=== Section Start ===
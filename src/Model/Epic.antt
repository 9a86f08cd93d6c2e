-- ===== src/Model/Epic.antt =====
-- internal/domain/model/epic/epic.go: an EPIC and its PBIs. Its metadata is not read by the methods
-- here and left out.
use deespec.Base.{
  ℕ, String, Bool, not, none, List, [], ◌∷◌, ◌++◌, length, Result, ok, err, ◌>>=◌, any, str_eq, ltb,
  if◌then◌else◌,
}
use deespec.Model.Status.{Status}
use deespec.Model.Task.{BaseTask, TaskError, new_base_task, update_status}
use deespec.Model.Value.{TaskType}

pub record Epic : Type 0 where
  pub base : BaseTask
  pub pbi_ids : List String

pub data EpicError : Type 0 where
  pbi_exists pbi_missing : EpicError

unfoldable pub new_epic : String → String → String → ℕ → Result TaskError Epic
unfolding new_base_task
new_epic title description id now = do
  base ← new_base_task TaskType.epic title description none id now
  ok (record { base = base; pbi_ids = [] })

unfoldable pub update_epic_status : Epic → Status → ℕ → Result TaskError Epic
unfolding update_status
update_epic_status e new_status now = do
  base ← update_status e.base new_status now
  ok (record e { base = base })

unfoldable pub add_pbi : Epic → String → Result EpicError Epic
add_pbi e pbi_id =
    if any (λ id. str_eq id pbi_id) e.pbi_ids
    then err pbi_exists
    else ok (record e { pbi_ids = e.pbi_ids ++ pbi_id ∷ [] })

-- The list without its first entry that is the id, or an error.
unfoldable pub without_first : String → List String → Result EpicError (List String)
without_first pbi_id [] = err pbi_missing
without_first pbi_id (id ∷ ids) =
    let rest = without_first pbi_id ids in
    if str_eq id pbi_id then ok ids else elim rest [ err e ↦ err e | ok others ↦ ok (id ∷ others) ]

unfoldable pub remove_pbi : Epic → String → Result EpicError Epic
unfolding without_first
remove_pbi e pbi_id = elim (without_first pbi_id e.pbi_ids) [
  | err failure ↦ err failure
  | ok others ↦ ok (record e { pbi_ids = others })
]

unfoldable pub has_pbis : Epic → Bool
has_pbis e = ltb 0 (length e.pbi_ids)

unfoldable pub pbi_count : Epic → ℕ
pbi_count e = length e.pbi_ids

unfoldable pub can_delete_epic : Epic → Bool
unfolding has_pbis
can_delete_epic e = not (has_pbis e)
=== Section End ===
Word for word, retype all of the entries above.

Answer for the task:
filename src/Model/Epic.antt
repository 9a86f08cd93d6c2e
-- ===== src/Model/Epic.antt =====
-- internal/domain/model/epic/epic.go: an EPIC and its PBIs. Its metadata is not read by the methods
-- here and left out.
use deespec.Base.{
  ℕ, String, Bool, not, none, List, [], ◌∷◌, ◌++◌, length, Result, ok, err, ◌>>=◌, any, str_eq, ltb,
  if◌then◌else◌,
}
use deespec.Model.Status.{Status}
use deespec.Model.Task.{BaseTask, TaskError, new_base_task, update_status}
use deespec.Model.Value.{TaskType}

pub record Epic : Type 0 where
  pub base : BaseTask
  pub pbi_ids : List String

pub data EpicError : Type 0 where
  pbi_exists pbi_missing : EpicError

unfoldable pub new_epic : String → String → String → ℕ → Result TaskError Epic
unfolding new_base_task
new_epic title description id now = do
  base ← new_base_task TaskType.epic title description none id now
  ok (record { base = base; pbi_ids = [] })

unfoldable pub update_epic_status : Epic → Status → ℕ → Result TaskError Epic
unfolding update_status
update_epic_status e new_status now = do
  base ← update_status e.base new_status now
  ok (record e { base = base })

unfoldable pub add_pbi : Epic → String → Result EpicError Epic
add_pbi e pbi_id =
    if any (λ id. str_eq id pbi_id) e.pbi_ids
    then err pbi_exists
    else ok (record e { pbi_ids = e.pbi_ids ++ pbi_id ∷ [] })

-- The list without its first entry that is the id, or an error.
unfoldable pub without_first : String → List String → Result EpicError (List String)
without_first pbi_id [] = err pbi_missing
without_first pbi_id (id ∷ ids) =
    let rest = without_first pbi_id ids in
    if str_eq id pbi_id then ok ids else elim rest [ err e ↦ err e | ok others ↦ ok (id ∷ others) ]

unfoldable pub remove_pbi : Epic → String → Result EpicError Epic
unfolding without_first
remove_pbi e pbi_id = elim (without_first pbi_id e.pbi_ids) [
  | err failure ↦ err failure
  | ok others ↦ ok (record e { pbi_ids = others })
]

unfoldable pub has_pbis : Epic → Bool
has_pbis e = ltb 0 (length e.pbi_ids)

unfoldable pub pbi_count : Epic → ℕ
pbi_count e = length e.pbi_ids

unfoldable pub can_delete_epic : Epic → Bool
unfolding has_pbis
can_delete_epic e = not (has_pbis e)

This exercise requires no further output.